Movie Review By Andrea Chase
The look of "Twenty Four Seven" is reminiscent of the "angry young man" films that came out of Britain in the late fifties and early sixties. The "Sporting Game" and "Look Back in anger" school. But that's where the similarity ends. Instead of the angry rebellion against an ossified and exclusionary social system floundering in the twilight of empire, the young men of this film have lost all passion whatsoever. Beaten down not by the caste system, but by an economy gone bust, they drift in a passive stupor.
And that's what gets in Alan Darcy's craw. Remembering what his boxing club did for him when he was their age, he sets about re-organizing the club, determined to beat some sense, discipline and self-respect into the young men of his town. Maybe even some dreams. In the able person of Bob Hoskins, he's an egg-shaped Don Quixote tilting at the windmills of apathy.

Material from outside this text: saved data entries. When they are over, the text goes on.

-- ===== src/Params/Sequence.antt =====
-- The sequence parameters that ubuntu/src/encoder.c gives to VA-API, `fill_seq_param`, with the
-- fields that the code sets.
use display_bridge.Prelude.{ℕ, ◌*◌, u32}
use display_bridge.Encoder.{Encoder}
use display_bridge.Headers.{align_ctu}

-- `VAEncSequenceParameterBufferHEVC`
pub record SeqParam : Type 0 where
  pub intra_period : ℕ
  pub intra_idr_period : ℕ
  pub bits_per_second : ℕ
  pub pic_width_in_luma_samples : ℕ
  pub pic_height_in_luma_samples : ℕ
  pub general_profile_idc : ℕ
  pub general_level_idc : ℕ
  pub general_tier_flag : ℕ
  pub ip_period : ℕ
  pub chroma_format_idc : ℕ
  pub separate_colour_plane_flag : ℕ
  pub bit_depth_luma_minus8 : ℕ
  pub bit_depth_chroma_minus8 : ℕ
  pub scaling_list_enabled_flag : ℕ
  pub strong_intra_smoothing_enabled_flag : ℕ
  pub amp_enabled_flag : ℕ
  pub sample_adaptive_offset_enabled_flag : ℕ
  pub pcm_enabled_flag : ℕ
  pub pcm_loop_filter_disabled_flag : ℕ
  pub sps_temporal_mvp_enabled_flag : ℕ
  pub low_delay_seq : ℕ
  pub hierachical_flag : ℕ
  pub log2_min_luma_coding_block_size_minus3 : ℕ
  pub log2_diff_max_min_luma_coding_block_size : ℕ
  pub log2_min_transform_block_size_minus2 : ℕ
  pub log2_diff_max_min_transform_block_size : ℕ
  pub max_transform_hierarchy_depth_inter : ℕ
  pub max_transform_hierarchy_depth_intra : ℕ
  pub vui_parameters_present_flag : ℕ

-- `fill_seq_param`
unfoldable pub fill_seq_param : Encoder → SeqParam
fill_seq_param enc = record {
  intra_period = u32 enc.idr_interval;
  intra_idr_period = u32 enc.idr_interval;
  bits_per_second = u32 (enc.bitrate_kbps * 1000);
  pic_width_in_luma_samples = align_ctu enc.width;
  pic_height_in_luma_samples = align_ctu enc.height;
  general_profile_idc = 1;
  general_level_idc = 120;
  general_tier_flag = 0;
  ip_period = 1;
  chroma_format_idc = 1;
  separate_colour_plane_flag = 0;
  bit_depth_luma_minus8 = 0;
  bit_depth_chroma_minus8 = 0;
  scaling_list_enabled_flag = 0;
  strong_intra_smoothing_enabled_flag = 1;
  amp_enabled_flag = 1;
  sample_adaptive_offset_enabled_flag = 0;
  pcm_enabled_flag = 0;
  pcm_loop_filter_disabled_flag = 1;
  sps_temporal_mvp_enabled_flag = 0;
  low_delay_seq = 1;
  hierachical_flag = 0;
  log2_min_luma_coding_block_size_minus3 = 0;
  log2_diff_max_min_luma_coding_block_size = 3;
  log2_min_transform_block_size_minus2 = 0;
  log2_diff_max_min_transform_block_size = 3;
  max_transform_hierarchy_depth_inter = 2;
  max_transform_hierarchy_depth_intra = 2;
  vui_parameters_present_flag = 0;
}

The film's style is gritty, filmed in a no-nonsense black and white. Writer/director Shane Meadows creates a damning picture of a disaffected society that seems beyond hope of change and then creates a character in Darcy that seems mad to try - one that alternates between a teddy bear and a grizzly in pursuit of his goals. It's the madness, though, the slow unfolding of the intensity of his commitment and the depth of the sweet, philosophical nature driving it, that makes the film engrossing. In one revealing sequence, he also defines the frailties also lurking within. Stumbling through a conversation with a shopgirl that's caught his fancy, he becomes a smooth operator only after she leaves the room. Hoskins invests heartbreaking bravado into Darcy saying all the things he couldn't muster in her presence and finally, placing his hand over the handprint she's left on the counter.
"Twenty Four Seven" ponders an interesting question. Can a man help others to succeed if he fails himself? Can a man's fatal flaw undo the good that he's done? We have to wait until the final frames, as the credits roll, to see the sometimes surprising answer.